CSP from what I understand is the new “standard” that overrides the first three headers. It provides nuance in directives for each type of resource.

Naturally, when I deployed this update and refreshed my PWA it was broken. There was no CSS being applied despite the CSS being right there; inlined within a <style> element. This was because the default-src 'self' directive only allows same domain sources and blocks inline. I could extend this to read:

default-src ‘self’; style-src ‘unsafe-inline’;

As the directive suggests this is considered “unsafe”. Further research suggests one of the safest and coolest options is to add a cryptographic hash:

default-src ‘self’; style-src ‘sha256-[hash]’;

With this directive the inline css cannot be altered without breaking the hashed value. This includes any CSS changes I make. For a statically generated site the build process requires an additional step.

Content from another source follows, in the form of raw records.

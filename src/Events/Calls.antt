-- ===== src/Events/Calls.antt =====
-- crates/machineemu/src/api/events.rs: the calls of the event hub as one type, sequences of them,
-- and the hubs that these reach.
use machineemu.Prelude.{
  ℕ, suc, ◌+◌, ◌≤◌, ◌<◌, ◌≡◌, refl, ap, String, true, Option, some, List, [], ◌∷◌, length, inl, inr,
  All, Option-cases, arith,
}
use machineemu.Events.Cursors.{u64_mod, Cursor}
use machineemu.Events.Histories.{
  EventRecord, EventHub, lookup, or_default, put, remove, sum, sub_u64, ◌>>=◌,
}
use machineemu.Events.Histories.Entries.{
  Unique-put, sum-put_found, sum-found, All-put, All-found, Unique-remove, All-remove, sum-remove,
}
use machineemu.Events.Histories.Loops.{sub_u64_lem}
use machineemu.Events.Histories.Evicted.{IsHistory}
use machineemu.Events.Kept.{IsHub}
use machineemu.Events.Published.{no_text, too_long, accepted, publish-result}
use machineemu.Events.Replay.{full, replayed, no_snapshot, resynced, subscribe-result}
use machineemu.Events.{new_hub, publish, subscribe, unsubscribe, close_instance, drop_number}

pub data HubCall : Type 0 where
  publish_event : List ℕ → String → Option (List ℕ) → HubCall
  open_stream : List ℕ → Option Cursor → Option (List ℕ) → HubCall
  drop_stream : List ℕ → ℕ → HubCall
  close : List ℕ → HubCall

module _ {Sender : Type 0} (channel : ℕ → Sender)
    (try_send : Sender → EventRecord → Option Sender) where
  unfoldable pub hub_call : HubCall → EventHub Sender → Option (EventHub Sender)
  unfolding publish subscribe unsubscribe close_instance
  hub_call (publish_event instance_id kind event) hub =
      publish channel try_send instance_id kind event true hub >>= λ out. some out.0
  hub_call (open_stream instance_id cursor snapshot) hub =
      subscribe channel try_send instance_id cursor snapshot hub >>= λ out. some out.0
  hub_call (drop_stream instance_id number) hub = some (unsubscribe instance_id number hub)
  hub_call (close instance_id) hub = some (close_instance instance_id hub)

  unfoldable pub hub_calls : List HubCall → EventHub Sender → Option (EventHub Sender)
  unfolding hub_call
  hub_calls [] hub = some hub
  hub_calls (call ∷ calls) hub = hub_call call hub >>= λ left. hub_calls calls left

-- The names are those of identifiers.
abbrev pub IsNamed : HubCall → Type 0
IsNamed (publish_event instance_id kind event) = length instance_id ≤ 64
IsNamed (open_stream instance_id cursor snapshot) = length instance_id ≤ 64
IsNamed (drop_stream instance_id number) = Unit
IsNamed (close instance_id) = Unit

module _ {Sender : Type 0} where
  -- The call ends, with a valid hub that has counted at most `bound` events.
  pub record Leaves (bound : ℕ) (out : Option (EventHub Sender)) : Type 0 where
    pub left : EventHub Sender
    pub ran : out ≡ some left
    pub is_sound : IsHub left
    pub order_le : left.next_order ≤ bound

  drop_number-le :
      (number : ℕ) (subscribers : List (ℕ × Sender))
      → length (drop_number number subscribers) ≤ length subscribers
  unfolding drop_number
  drop_number-le number [] = omega arith
  drop_number-le number ((n, s) ∷ subscribers) = ground (arith, drop_number-le number subscribers)

  unsubscribe-IsHub :
      (instance_id : List ℕ) (number : ℕ) (hub : EventHub Sender)
      → IsHub hub
      → IsHub (unsubscribe instance_id number hub)
  unsubscribe-IsHub instance_id number hub v =
      elim (Option-cases (lookup instance_id hub.histories)) [
        | inl missing ↦ unfold unsubscribe in rw (unsubscribe, missing) v
        | inr (h, found) ↦
            let old =
              All-found (IsHistory hub.next_order) instance_id h hub.histories found v.each in
            let h' = record h { subscribers = drop_number number h.subscribers } in
            let fewer = drop_number-le number h.subscribers in
            let people =
              sum-put_found (λ i. length i.subscribers) instance_id h' h hub.histories refl found in
            let bytes = sum-put_found (λ i. i.bytes) instance_id h' h hub.histories refl found in
            let kept : IsHub (record hub { histories = put instance_id h' hub.histories }) =
              record {
                generation_length = v.generation_length;
                unique = Unique-put instance_id h' hub.histories v.unique;
                each =
                    All-put (IsHistory hub.next_order) instance_id h' hub.histories
                      (record {
                        counted = old.counted;
                        bytes_le = old.bytes_le;
                        few = old.few;
                        before = old.before;
                        contiguous = old.contiguous;
                        sequence_le = old.sequence_le;
                        subscribers_le = omega (arith, fewer, old.subscribers_le);
                        ordered = old.ordered;
                      })
                      v.each;
                counted = omega (arith, bytes, v.counted);
                within = v.within;
                subscribers_le = omega (arith, people, fewer, v.subscribers_le);
              } in
            unfold unsubscribe in rw (unsubscribe, found) kept
      ]

  pub close_instance-IsHub :
      (instance_id : List ℕ) (hub : EventHub Sender)
      → IsHub hub
      → IsHub (close_instance instance_id hub)
  close_instance-IsHub instance_id hub v = elim (Option-cases (lookup instance_id hub.histories)) [
    | inl missing ↦ unfold close_instance in rw (close_instance, missing) v
    | inr (h, found) ↦
        let here : or_default (lookup instance_id hub.histories) ≡ h =
          rw found (unfold or_default in refl) in
        let people = sum-remove (λ i. length i.subscribers) instance_id hub.histories refl in
        let bytes = sum-remove (λ i. i.bytes) instance_id hub.histories refl in
        let most = sum-found (λ i. i.bytes) instance_id h hub.histories found in
        let same : (or_default (lookup instance_id hub.histories)).bytes ≡ h.bytes =
          ap (λ i. i.bytes) here in
        let less =
          sub_u64_lem hub.bytes h.bytes (omega (arith, most, v.counted))
            (omega (arith, v.within)) in
        let kept : IsHub (record hub {
          histories = remove instance_id hub.histories;
          bytes = sub_u64 hub.bytes h.bytes;
        }) =
          record {
            generation_length = v.generation_length;
            unique = Unique-remove instance_id hub.histories v.unique;
            each =
                All-remove (λ e. IsHistory hub.next_order e.history) instance_id hub.histories
                  v.each;
            counted = omega (arith, less, bytes, same, most, v.counted);
            within = omega (arith, less, v.within);
            subscribers_le = omega (arith, people, v.subscribers_le);
          } in
        unfold close_instance in rw (close_instance, found) kept
  ]

  same_order_unsubscribe :
      (instance_id : List ℕ) (number : ℕ) (hub : EventHub Sender)
      → (unsubscribe instance_id number hub).next_order ≡ hub.next_order
  same_order_unsubscribe instance_id number hub =
      elim (Option-cases (lookup instance_id hub.histories)) [
        | inl missing ↦ unfold unsubscribe in rw (unsubscribe, missing) refl
        | inr (h, found) ↦ unfold unsubscribe in rw (unsubscribe, found) refl
      ]

  pub same_order_close :
      (instance_id : List ℕ) (hub : EventHub Sender)
      → (close_instance instance_id hub).next_order ≡ hub.next_order
  same_order_close instance_id hub = elim (Option-cases (lookup instance_id hub.histories)) [
    | inl missing ↦ unfold close_instance in rw (close_instance, missing) refl
    | inr (h, found) ↦ unfold close_instance in rw (close_instance, found) refl
  ]

module _ {Sender : Type 0} (channel : ℕ → Sender)
    (try_send : Sender → EventRecord → Option Sender) where
  hub_call-Leaves :
      (call : HubCall) (hub : EventHub Sender)
      → IsHub hub
      → IsNamed call
      → suc hub.next_order < u64_mod
      → Leaves (suc hub.next_order) (hub_call channel try_send call hub)
  unfolding hub_call
  hub_call-Leaves (publish_event instance_id kind event) hub v short room =
      elim (publish-result channel try_send hub instance_id kind event true v short room) [
        | no_text missing ran ↦ record {
          left = hub;
          ran = rw (hub_call, ran) refl;
          is_sound = v;
          order_le = omega arith;
        }
        | too_long text given long ran ↦ record {
          left = hub;
          ran = rw (hub_call, ran) refl;
          is_sound = v;
          order_le = omega arith;
        }
        | accepted text given fits p ↦ record {
          left = p.left;
          ran = rw (hub_call, p.ran) refl;
          is_sound = p.is_sound;
          order_le = omega (arith, p.one_more);
        }
      ]
  hub_call-Leaves (open_stream instance_id cursor snapshot) hub v short room =
      elim (subscribe-result channel try_send hub instance_id cursor snapshot v short room) [
        | full taken ran ↦ record {
          left = hub;
          ran = rw (hub_call, ran) refl;
          is_sound = v;
          order_le = omega arith;
        }
        | replayed c given k follows j ↦ record {
          left = j.left;
          ran = rw (hub_call, j.ran) refl;
          is_sound = j.is_sound;
          order_le = omega (arith, j.same_order);
        }
        | no_snapshot fresh bad ran ↦ record {
          left = hub;
          ran = rw (hub_call, ran) refl;
          is_sound = v;
          order_le = omega arith;
        }
        | resynced text given fresh p j sent ↦ record {
          left = j.left;
          ran = rw (hub_call, j.ran) refl;
          is_sound = j.is_sound;
          order_le = omega (arith, j.same_order, p.one_more);
        }
      ]
  hub_call-Leaves (drop_stream instance_id number) hub v short room = record {
    left = unsubscribe instance_id number hub;
    ran = refl;
    is_sound = unsubscribe-IsHub instance_id number hub v;
    order_le = omega (arith, same_order_unsubscribe instance_id number hub);
  }
  hub_call-Leaves (close instance_id) hub v short room = record {
    left = close_instance instance_id hub;
    ran = refl;
    is_sound = close_instance-IsHub instance_id hub v;
    order_le = omega (arith, same_order_close instance_id hub);
  }

  calls_from :
      (calls : List HubCall) (hub : EventHub Sender)
      → IsHub hub
      → All IsNamed calls
      → suc (hub.next_order + length calls) < u64_mod
      → Leaves (hub.next_order + length calls) (hub_calls channel try_send calls hub)
  unfolding hub_calls
  calls_from [] hub v named room = record {
    left = hub;
    ran = refl;
    is_sound = v;
    order_le = omega arith;
  }
  calls_from (call ∷ calls) hub v named room =
      let one = hub_call-Leaves call hub v named.0 (omega arith) in
      let all = calls_from calls one.left one.is_sound named.1 (omega (arith, one.order_le)) in
      record {
        left = all.left;
        ran = rw (hub_calls, one.ran) all.ran;
        is_sound = all.is_sound;
        order_le = omega (arith, all.order_le, one.order_le);
      }

  pub new-IsHub : (generation : List ℕ) → length generation ≡ 32 → IsHub (new_hub Sender generation)
  new-IsHub generation long = record {
    generation_length = long;
    unique = tt;
    each = tt;
    counted = unfold sum in refl;
    within = omega arith;
    subscribers_le = unfold sum in omega arith;
  }

  -- Fewer than 2^64 - 1 calls on a new hub, whose generation has 32 digits, always end, if the
  -- instances of events and streams have names of at most 64 bytes. The hub that they leave counts
  -- its bytes exactly and keeps its bounds: 256 records and 1 MiB for an instance, 32 MiB in all, 8
  -- subscribers of an instance and 128 in all; the records of each instance are numbered one by one
  -- up to its latest event.
  pub hub_calls-Leaves :
      (generation : List ℕ) (calls : List HubCall)
      → length generation ≡ 32
      → All IsNamed calls
      → suc (length calls) < u64_mod
      → Leaves (length calls) (hub_calls channel try_send calls (new_hub Sender generation))
  hub_calls-Leaves generation calls long named room =
      let reached =
        calls_from calls (new_hub Sender generation) (new-IsHub generation long) named
          (omega (arith, room)) in
      record {
        left = reached.left;
        ran = reached.ran;
        is_sound = reached.is_sound;
        order_le = omega (arith, reached.order_le);
      }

Easy enough to do in Node:

const fs = require('fs');
const csso = require('csso');
const crypto = require('crypto');

// Read CSS source file
let css = fs.readFileSync(`stylesheet.css`);
// Minify the CSS for inlining
css = csso.minify(css.toString()).css;
// Generate the hash value
const hash = crypto
  .createHash('sha256')
  .update(css)
  .digest('base64');

From here the CSS is written within a style element <style>${css}</style> ensuring no additional whitespace between the tags. The CSP header is also updated with the new hash, for example:

style-src ‘sha256-QpACKkYqaJasYCFZA51jC7LHJJVCHbb1h0Uc5eMvurQ=’;

I’m not using a framework or templating engine so a rough find and replace suffices:

let toml = fs.readFileSync(`netlify.toml`);
toml = toml.toString().replace(
  /style-src 'sha256-[^']+?'/,
  `style-src 'sha256-${hash}'`
);
fs.writeFileSync(`netlify.toml`, toml);

If I had multiple inline sources a more robust solution might be sensible to generate this header. With that my PWA is getting passing grades.

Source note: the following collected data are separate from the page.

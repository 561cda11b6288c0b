-- ===== src/Tests/Dialog.antt =====
-- A user's question and an agent's answer at concrete inputs.
use ilink_gateway.Prelude.{
  ℕ, map, false, ◌+◌, ◌≡◌, refl, true, none, some, List, [], ◌∷◌, arith, ◌++◌, if◌then◌else◌, pos,
}
use ilink_gateway.Text.{codes, ◌==◌}
use ilink_gateway.Text.Number.{show_int}
use ilink_gateway.Text.Search.{starts_with}
use ilink_gateway.Error.{ok, err, ilink}
use ilink_gateway.Types.{
  WeixinMessage, SendMessageRequest, AgentMessage, AgentReply, item_default, image_default,
}
use ilink_gateway.Types.Message.{message_text, is_user_message}
use ilink_gateway.Convert.{to_agent_message}
use ilink_gateway.Store
use ilink_gateway.Store.{SqliteStore, no_faults}
use ilink_gateway.Config
use ilink_gateway.System
use ilink_gateway.System.{Reach, start, later, Trace, stop, go}
use ilink_gateway.System.Delivery.{all_handed, all_accepted, Trace-exact}
use ilink_gateway.Poll.Growth.{ids}
use ilink_gateway.Registry.{is_registered}
use ilink_gateway.System.Invariant.{Sound, Reach-Sound}
use ilink_gateway.Dedup.{check_and_record}
use ilink_gateway.Router.{is_admitted, is_dm_allowed}
use ilink_gateway.Poll.{Gateway, ref_msg_id, process_message}
use ilink_gateway.Poll.Dropped.{checked}
use ilink_gateway.Poll.Textless.{Tells, complaint, process_message_textless}
use ilink_gateway.Breaker.{is_open}
use ilink_gateway.Send.{send_message}
use ilink_gateway.Send.Retry.{SentBy}
use ilink_gateway.Replies.Accepted.{Accepted}
use ilink_gateway.Replies.{ReplyEnv, ReplyState, request_of, handle_agent_reply}
use ilink_gateway.Replies.Addressed.{IsFor, Addressed}
use ilink_gateway.Loop.{Loop, LoopEvent, turn, clean, run_events}
use ilink_gateway.Loop.Routed.{IsRouted}
use ilink_gateway.Loop.Answered.{Later, answered}
use ilink_gateway.Tests.{hermes, router, message, response}
use ilink_gateway.Tests.Updates.{env, gateway, updates}

abbrev question : WeixinMessage
question = message (codes "hi")

routed : IsRouted (env 0) question gateway (codes "hi") hermes
unfolding is_user_message check_and_record ilink_gateway.Map.contains ilink_gateway.Map.retain
    ref_msg_id is_admitted is_dm_allowed ◌==◌ message_text starts_with
routed = record {
  user = refl;
  new = refl;
  plain = refl;
  admitted = refl;
  has_text = refl;
  no_command = refl;
  active = refl;
}

-- A failed round, a cleanup, and a message of another user.
abbrev events : List LoopEvent
events =
    turn (env, err (ilink (codes "down")))
    ∷ clean 1300
    ∷ turn (
      env,
      ok (
          updates (
            some (
              record (message (codes "ho")) {
                message_id = some (pos 43);
                from_user_id = some (codes "other@wx");
              }
              ∷ []))),
    )
    ∷ []

abbrev after : Loop
after = record { slept = 0; sync_buf = []; gateway = (process_message (env 0) question gateway).1 }

abbrev sender : ReplyEnv
sender = record {
  now = λ i. 1100 + i;
  saved_at = λ i. 1100 + i;
  clock = λ i n. 1100 + n;
  transport = λ i n req. ok (response (pos 0));
  uuid = λ i. codes "u";
  fault = λ i. no_faults;
  upload = λ user path. err (ilink (codes "no file"));
}

abbrev answer : AgentReply
answer = record {
  reply_to_id = codes "42";
  text = codes "hello";
  media_paths = codes "/tmp/a.png" ∷ codes "/tmp/b.png" ∷ [];
  to_user = none;
  context_token = none;
  agent_context = none;
}

abbrev sent_before : ReplyState
sent_before = record { breaker = gateway.breaker; store = Store.new; sent = [] }

names : answer.reply_to_id ≡ show_int (pos 42)
unfolding show_int
names = refl

others : Later (show_int (pos 42)) 1000 events
unfolding ◌==◌ show_int
others = (refl, (omega arith, (refl, tt)))

closed : is_open 1100 gateway.breaker ≡ false
unfolding is_open
closed = refl

accepts :
    (i : ℕ) (m : WeixinMessage) → IsFor (codes "ctx") (codes "user@wx") m → Accepted sender i m
unfolding send_message
accepts i m for = (response (pos 0), refl, refl)

answered_example :
    let done =
      handle_agent_reply sender answer
        (run_events events after).gateway.message_contexts
        sent_before in
    ((m : AgentMessage) × (to_agent_message question ≡ some m) × (m.id ≡ answer.reply_to_id))
    × (msgs : List WeixinMessage) × (done.0 ≡ ok tt)
    × (done.1.sent ≡ [] ++ map request_of msgs)
    × Addressed answer (codes "ctx") (codes "user@wx") msgs
answered_example =
    answered (env 0) question gateway (codes "hi") hermes (pos 42) (codes "ctx") (codes "user@wx")
      events after sender answer sent_before routed refl refl refl refl others refl names closed
      (λ path h. cc) accepts

abbrev picture : WeixinMessage
picture = record (message []) {
  item_list =
      some (record item_default { item_type = some (pos 2); image_item = some image_default } ∷ []);
}

picture_user : is_user_message picture ≡ true
unfolding is_user_message
picture_user = refl

picture_new : (checked (env 0) picture gateway).0 ≡ true
unfolding check_and_record ilink_gateway.Map.contains ilink_gateway.Map.retain
picture_new = refl

picture_plain : ref_msg_id picture ≡ none
unfolding ref_msg_id
picture_plain = refl

picture_admitted : is_admitted picture router ≡ true
unfolding is_admitted is_dm_allowed ◌==◌
picture_admitted = refl

picture_bare : message_text picture ≡ none
unfolding message_text
picture_bare = refl

env_closed : is_open (env 0).now gateway.breaker ≡ false
unfolding is_open
env_closed = refl

process_message_textless_example :
    let g' : Gateway = (process_message (env 0) picture gateway).1 in
    ((req : SendMessageRequest) × (rest : List SendMessageRequest) × (g'.sent ≡ [] ++ (req ∷ rest))
      × SentBy 4 req (req ∷ rest)
      × Tells complaint (codes "user@wx") (codes "ctx") req)
    × (g'.router ≡ router)
    × (g'.message_contexts ≡ [])
    × (g'.ws_registry ≡ gateway.ws_registry)
    × (g'.store ≡ gateway.store)
process_message_textless_example =
    process_message_textless (env 0) picture gateway picture_user picture_new picture_plain
      picture_admitted picture_bare env_closed

-- A registration, a question, the agent's poll, its reply and a heartbeat, in this order.
abbrev empty : SqliteStore
empty = Store.new

one_day : (g : Gateway) × Reach Config.default empty g
one_day = (
  _,
  later
      (later
        (later
          (later
            (later (start no_faults)
              (System.register no_faults 9 (record { name = hermes; capabilities = [] })))
            (System.message (env 0) question))
          (System.poll 1500 hermes))
        (System.reply sender answer))
      (System.heartbeat 90000 60),
)

Reach-Sound_example : Sound Config.default empty one_day.0.router
Reach-Sound_example = Reach-Sound one_day.1

-- A question, and two polls of the agent.
two_polls : (g : Gateway) × Trace gateway g
two_polls = (
  _,
  go (go (go stop (System.message (env 0) question)) (System.poll 1500 hermes))
      (System.poll 1600 hermes),
)

Trace-exact_example :
    (all_handed hermes two_polls.1 ++ ids hermes two_polls.0.router
      ≡ ids hermes router ++ all_accepted hermes two_polls.1)
    × (all_handed hermes (go two_polls.1 (System.poll 1700 hermes)) ≡ (
        if is_registered hermes two_polls.0.router.registry
        then ids hermes router ++ all_accepted hermes two_polls.1
        else all_handed hermes two_polls.1))
Trace-exact_example = Trace-exact hermes 1700 two_polls.1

As for my website hosted on GitHub Pages I would need to use a meta tag:

<meta http-equiv="Content-Security-Policy" content=" ... ">

Which I have yet to implement. As of writing, my website has quite a lot of inline CSS, JavaScript, and SVG. Not to mention a few external CDN resources. It’s going to take some thinking to implement CSP correctly.

Another task for the backlog then!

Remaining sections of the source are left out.